What is being asked: Return all lines in the material below that contain "CircuitBreakerPermit".

Extracted entries:
-- ===== src/Breaker/Invariant.antt =====
-- What holds of the breaker between two calls (internal/llm/circuit_breaker.go): the counters of
-- every backend, and the gauge.
use agent.Base.{
  ℕ, ◌+◌, ◌≡◌, refl, Bool, true, false, Option, List, [], ◌∷◌, arith, if-intro, Bool-cases, ◌⊎◌,
  ◌∙◌, subst, inl, inr,
}
use agent.Num.{pos, ◌≤ℤ◌}
use agent.Text.{Text, text_eq}
use agent.Map.{Map, ◌==◌, lookup, lookup-insert}
use agent.Config.{CircuitBreakerConfig}
use agent.Breaker.{
  CircuitBreaker, BackendCircuitState, CircuitBreakerPermit, closed, is_half_open, is_closed,
  fresh_state, set_state_metric_locked, store_state, allow, finish, add_backends,
  new_circuit_breaker,
}
use agent.Breaker.Spec.{
  view, Outcome, is_success, is_counted, machine_allow, machine_settle, allow-machine_allow,
  finish-machine_settle,
}

-- A configuration that `normalizeAIConfig` returns.
pub record IsUsable (cfg : CircuitBreakerConfig) : Type 0 where
  pub enabled : cfg.enabled ≡ true
  pub threshold_pos : pos 1 ≤ℤ cfg.failure_threshold
  pub probes_pos : pos 1 ≤ℤ cfg.half_open_max_requests

-- The counters of one backend: probes are out only while half-open, and no more than configured;
-- a closed backend has seen fewer failures in a row than the threshold.
pub record IsSound (cfg : CircuitBreakerConfig) (s : BackendCircuitState) : Type 0 where
  pub idle : (is_half_open s.state ≡ true) ⊎ (s.half_open_in_flight ≡ 0)
  pub closed_below :
      (is_closed s.state ≡ false) ⊎ (pos (s.consecutive_failures + 1) ≤ℤ cfg.failure_threshold)
  pub probes_bounded : pos s.half_open_in_flight ≤ℤ cfg.half_open_max_requests

module _ (cfg : CircuitBreakerConfig) (usable : IsUsable cfg) where
  fresh-IsSound : IsSound cfg fresh_state
  fresh-IsSound = ground arith

  machine_allow-IsSound :
      (now : ℕ) (s : BackendCircuitState) → IsSound cfg s → IsSound cfg (machine_allow cfg now s).0
  unfolding machine_allow
  machine_allow-IsSound now s h = ground arith

  machine_settle-IsSound :
      (now : ℕ) (o : Outcome) (s : BackendCircuitState)
      → IsSound cfg s
      → IsSound cfg (machine_settle cfg now o s)
  unfolding machine_settle
  machine_settle-IsSound now o s h = ground arith

-- The calls that requests make, in the order in which they take the mutex. A permit may come back
-- at any time, in any state.
pub data Call : Type 0 where
  ask : ℕ → Text → Call
  settled : ℕ → Outcome → CircuitBreakerPermit → Call

unfoldable pub step : Call → CircuitBreaker → CircuitBreaker
step (ask now backend) b = (allow now backend b).0
step (settled now o p) b = (finish now (is_success o) (is_counted o) p b).0

unfoldable pub run : List Call → CircuitBreaker → CircuitBreaker
run [] b = b
run (c ∷ cs) b = run cs (step c b)

abbrev pub IsSoundBreaker : CircuitBreaker → Type 0
IsSoundBreaker b = (k : Text) → IsSound b.cfg (view b k)

-- No call changes the configuration.
pub allow-cfg : (now : ℕ) (k : Text) (b : CircuitBreaker) → (allow now k b).0.cfg ≡ b.cfg
unfolding allow
allow-cfg now k b = ground arith

pub finish-cfg :
    (now : ℕ) (success? count? : Bool) (p : CircuitBreakerPermit) (b : CircuitBreaker)
    → (finish now success? count? p b).0.cfg ≡ b.cfg
unfolding finish
finish-cfg now success? count? p b = ground arith

step-cfg : (c : Call) (b : CircuitBreaker) → (step c b).cfg ≡ b.cfg
unfolding step
step-cfg (ask now k) b = allow-cfg now k b
step-cfg (settled now o p) b = finish-cfg now (is_success o) (is_counted o) p b

finish_skipped :
    (b : CircuitBreaker) (now : ℕ) (success? count? : Bool) (p : CircuitBreakerPermit)
    → (p.done ≡ true) ⊎ (p.allowed ≡ false)
    → (finish now success? count? p b).0 ≡ b
unfolding finish
finish_skipped b now success? count? p h = ground arith

step-IsSound :
    (c : Call) (b : CircuitBreaker) → IsUsable b.cfg → IsSoundBreaker b → IsSoundBreaker (step c b)
unfolding step
step-IsSound (ask now k) b u h j =
    rw (step-cfg (ask now k) b, (allow-machine_allow b now k u.enabled j).0)
      (if-intro (IsSound b.cfg) (k == j) (λ _. machine_allow-IsSound b.cfg u now _ (h k))
        (λ _. h j))
step-IsSound (settled now o p) b u h j = elim (Bool-cases p.done) [
  | inl d ↦ rw (finish_skipped b now (is_success o) (is_counted o) p (inl d)) (h j)
  | inr d ↦ elim (Bool-cases p.allowed) [
    | inr a ↦ rw (finish_skipped b now (is_success o) (is_counted o) p (inr a)) (h j)
    | inl a ↦
        rw (step-cfg (settled now o p) b, (finish-machine_settle b now p u.enabled a d o j).0)
          (if-intro (IsSound b.cfg) (p.backend == j)
            (λ _. machine_settle-IsSound b.cfg u now o _ (h p.backend)) (λ _. h j))
  ]
]

add_backends-view :
    (k : Text) (names : List Text) (b : CircuitBreaker)
    → view b k ≡ fresh_state
    → (view (add_backends names b) k ≡ fresh_state) × ((add_backends names b).cfg ≡ b.cfg)
unfolding add_backends
add_backends-view k [] b h = (h, refl)
add_backends-view k (n ∷ names) b h =
    let b' = set_state_metric_locked n closed (store_state n fresh_state b) in
    ground (arith, lookup-insert k n fresh_state b.states, add_backends-view k names b')

run-IsSound_from :
    (calls : List Call) (b : CircuitBreaker)
    → IsUsable b.cfg
    → IsSoundBreaker b
    → IsSoundBreaker (run calls b)
unfolding run
run-IsSound_from [] b u h = h
run-IsSound_from (c ∷ calls) b u h =
    run-IsSound_from calls (step c b) (rw (step-cfg c b) u) (step-IsSound c b u h)

run-cfg : (calls : List Call) (b : CircuitBreaker) → (run calls b).cfg ≡ b.cfg
unfolding run
run-cfg [] b = refl
run-cfg (c ∷ calls) b = run-cfg calls (step c b) ∙ step-cfg c b

module _ (cfg : CircuitBreakerConfig) (backends : List Text) (metrics : Option (Map Text ℕ)) where
  pub new-view : (k : Text) → view (new_circuit_breaker cfg backends metrics) k ≡ fresh_state
  unfolding new_circuit_breaker lookup
  new-view k =
      (add_backends-view k backends (record { cfg = cfg; metrics = metrics; states = [] }) refl).0

  pub new-cfg : (new_circuit_breaker cfg backends metrics).cfg ≡ cfg
  unfolding new_circuit_breaker lookup
  new-cfg =
      (add_backends-view [] backends (record { cfg = cfg; metrics = metrics; states = [] }) refl).1

-- With a usable configuration, whatever calls a breaker made by `newCircuitBreaker` has served, in
-- any order and with any permits, every backend is sound: it has probes out only while half-open
-- and never more than `HalfOpenMaxRequests`, and while closed its failures in a row are below
-- `FailureThreshold`.
pub run-IsSound :
    (cfg : CircuitBreakerConfig) (backends : List Text) (metrics : Option (Map Text ℕ))
    (calls : List Call)
    → IsUsable cfg
    → (k : Text) → IsSound cfg (view (run calls (new_circuit_breaker cfg backends metrics)) k)
run-IsSound cfg backends metrics calls u k =
    let b = new_circuit_breaker cfg backends metrics in
    subst (λ c. IsSound c (view (run calls b) k)) (run-cfg calls b ∙ new-cfg cfg backends metrics)
      (run-IsSound_from calls b (rw (new-cfg cfg backends metrics) u)
        (λ j.
          rw (new-cfg cfg backends metrics, new-view cfg backends metrics j) (fresh-IsSound cfg u))
        k)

Exercise output:
  CircuitBreaker, BackendCircuitState, CircuitBreakerPermit, closed, is_half_open, is_closed,
  settled : ℕ → Outcome → CircuitBreakerPermit → Call
    (now : ℕ) (success? count? : Bool) (p : CircuitBreakerPermit) (b : CircuitBreaker)
    (b : CircuitBreaker) (now : ℕ) (success? count? : Bool) (p : CircuitBreakerPermit)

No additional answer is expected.